## Exercise brief
In which lines of the data does the string "else" appear? Copy every one.

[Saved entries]
[Start of Attachment]

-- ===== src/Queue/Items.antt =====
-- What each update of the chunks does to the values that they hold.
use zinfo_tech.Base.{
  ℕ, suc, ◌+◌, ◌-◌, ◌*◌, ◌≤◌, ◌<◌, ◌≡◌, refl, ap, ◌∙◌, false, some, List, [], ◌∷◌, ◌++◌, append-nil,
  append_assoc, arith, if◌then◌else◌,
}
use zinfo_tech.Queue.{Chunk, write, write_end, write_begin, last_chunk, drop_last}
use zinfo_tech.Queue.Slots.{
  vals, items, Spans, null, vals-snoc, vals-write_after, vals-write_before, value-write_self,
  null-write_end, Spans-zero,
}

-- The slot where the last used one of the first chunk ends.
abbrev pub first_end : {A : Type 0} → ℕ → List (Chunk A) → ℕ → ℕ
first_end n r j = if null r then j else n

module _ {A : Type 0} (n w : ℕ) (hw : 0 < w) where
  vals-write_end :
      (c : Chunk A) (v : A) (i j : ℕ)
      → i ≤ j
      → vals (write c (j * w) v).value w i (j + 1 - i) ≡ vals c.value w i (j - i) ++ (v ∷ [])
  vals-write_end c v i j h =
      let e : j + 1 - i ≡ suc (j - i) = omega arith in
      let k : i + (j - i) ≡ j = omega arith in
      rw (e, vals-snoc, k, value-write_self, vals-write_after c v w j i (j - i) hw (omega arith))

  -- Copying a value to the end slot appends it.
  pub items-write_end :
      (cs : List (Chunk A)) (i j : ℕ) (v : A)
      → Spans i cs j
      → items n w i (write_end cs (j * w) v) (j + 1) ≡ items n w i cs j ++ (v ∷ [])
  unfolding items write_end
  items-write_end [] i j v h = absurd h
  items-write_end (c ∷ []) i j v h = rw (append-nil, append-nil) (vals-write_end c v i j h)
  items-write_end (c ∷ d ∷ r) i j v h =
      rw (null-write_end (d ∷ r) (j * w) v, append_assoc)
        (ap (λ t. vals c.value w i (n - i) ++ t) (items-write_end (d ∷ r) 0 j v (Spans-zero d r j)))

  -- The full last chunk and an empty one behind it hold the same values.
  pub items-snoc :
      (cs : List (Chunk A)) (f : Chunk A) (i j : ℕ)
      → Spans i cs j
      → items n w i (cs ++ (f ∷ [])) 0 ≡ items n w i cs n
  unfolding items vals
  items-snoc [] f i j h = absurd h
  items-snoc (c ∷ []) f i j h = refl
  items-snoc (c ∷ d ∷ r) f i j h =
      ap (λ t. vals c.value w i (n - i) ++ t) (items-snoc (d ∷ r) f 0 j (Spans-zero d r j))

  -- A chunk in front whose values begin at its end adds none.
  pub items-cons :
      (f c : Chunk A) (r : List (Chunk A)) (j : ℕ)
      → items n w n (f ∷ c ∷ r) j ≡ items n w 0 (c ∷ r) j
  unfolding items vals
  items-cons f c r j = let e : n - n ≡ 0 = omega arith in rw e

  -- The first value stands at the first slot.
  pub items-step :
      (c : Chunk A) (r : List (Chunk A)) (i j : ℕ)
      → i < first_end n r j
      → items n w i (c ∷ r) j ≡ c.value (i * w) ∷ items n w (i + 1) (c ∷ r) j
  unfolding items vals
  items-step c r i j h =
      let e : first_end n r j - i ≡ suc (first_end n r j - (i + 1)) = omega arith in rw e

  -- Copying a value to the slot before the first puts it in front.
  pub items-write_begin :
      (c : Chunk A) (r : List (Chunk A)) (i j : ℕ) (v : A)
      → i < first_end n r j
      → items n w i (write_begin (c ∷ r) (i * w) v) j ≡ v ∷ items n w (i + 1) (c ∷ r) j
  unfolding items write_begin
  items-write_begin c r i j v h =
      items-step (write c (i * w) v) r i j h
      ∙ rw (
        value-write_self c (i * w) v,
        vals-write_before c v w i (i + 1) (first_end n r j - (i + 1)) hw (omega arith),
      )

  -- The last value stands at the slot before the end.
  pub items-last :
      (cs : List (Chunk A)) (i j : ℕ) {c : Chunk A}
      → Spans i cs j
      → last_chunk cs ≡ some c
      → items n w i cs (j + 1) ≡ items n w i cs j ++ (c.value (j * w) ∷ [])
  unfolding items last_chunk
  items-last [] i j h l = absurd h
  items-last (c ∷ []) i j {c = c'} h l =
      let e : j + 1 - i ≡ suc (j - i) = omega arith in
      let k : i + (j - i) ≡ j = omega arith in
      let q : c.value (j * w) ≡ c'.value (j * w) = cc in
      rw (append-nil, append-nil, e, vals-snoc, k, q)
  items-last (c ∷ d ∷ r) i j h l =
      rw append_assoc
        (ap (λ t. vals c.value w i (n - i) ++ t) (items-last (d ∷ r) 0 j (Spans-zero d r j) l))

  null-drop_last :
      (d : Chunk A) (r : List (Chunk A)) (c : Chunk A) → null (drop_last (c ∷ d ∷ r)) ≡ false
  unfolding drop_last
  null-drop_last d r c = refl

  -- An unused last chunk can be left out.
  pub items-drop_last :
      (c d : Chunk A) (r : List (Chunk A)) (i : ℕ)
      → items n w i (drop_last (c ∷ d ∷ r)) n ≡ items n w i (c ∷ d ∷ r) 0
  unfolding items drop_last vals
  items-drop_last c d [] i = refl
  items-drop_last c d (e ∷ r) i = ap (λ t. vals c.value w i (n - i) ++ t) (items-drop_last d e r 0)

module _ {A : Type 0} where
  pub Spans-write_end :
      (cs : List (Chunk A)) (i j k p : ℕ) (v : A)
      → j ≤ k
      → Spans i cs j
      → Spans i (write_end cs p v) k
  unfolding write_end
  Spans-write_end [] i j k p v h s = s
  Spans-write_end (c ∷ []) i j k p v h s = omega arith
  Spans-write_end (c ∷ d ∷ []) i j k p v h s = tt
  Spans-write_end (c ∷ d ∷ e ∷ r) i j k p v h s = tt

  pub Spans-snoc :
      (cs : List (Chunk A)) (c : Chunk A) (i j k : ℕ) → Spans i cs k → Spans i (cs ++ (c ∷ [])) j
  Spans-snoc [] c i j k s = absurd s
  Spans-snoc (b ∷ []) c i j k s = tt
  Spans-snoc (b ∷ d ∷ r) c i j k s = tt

[End of Attachment]

## Worked solution
  append_assoc, arith, if◌then◌else◌,
first_end n r j = if null r then j else n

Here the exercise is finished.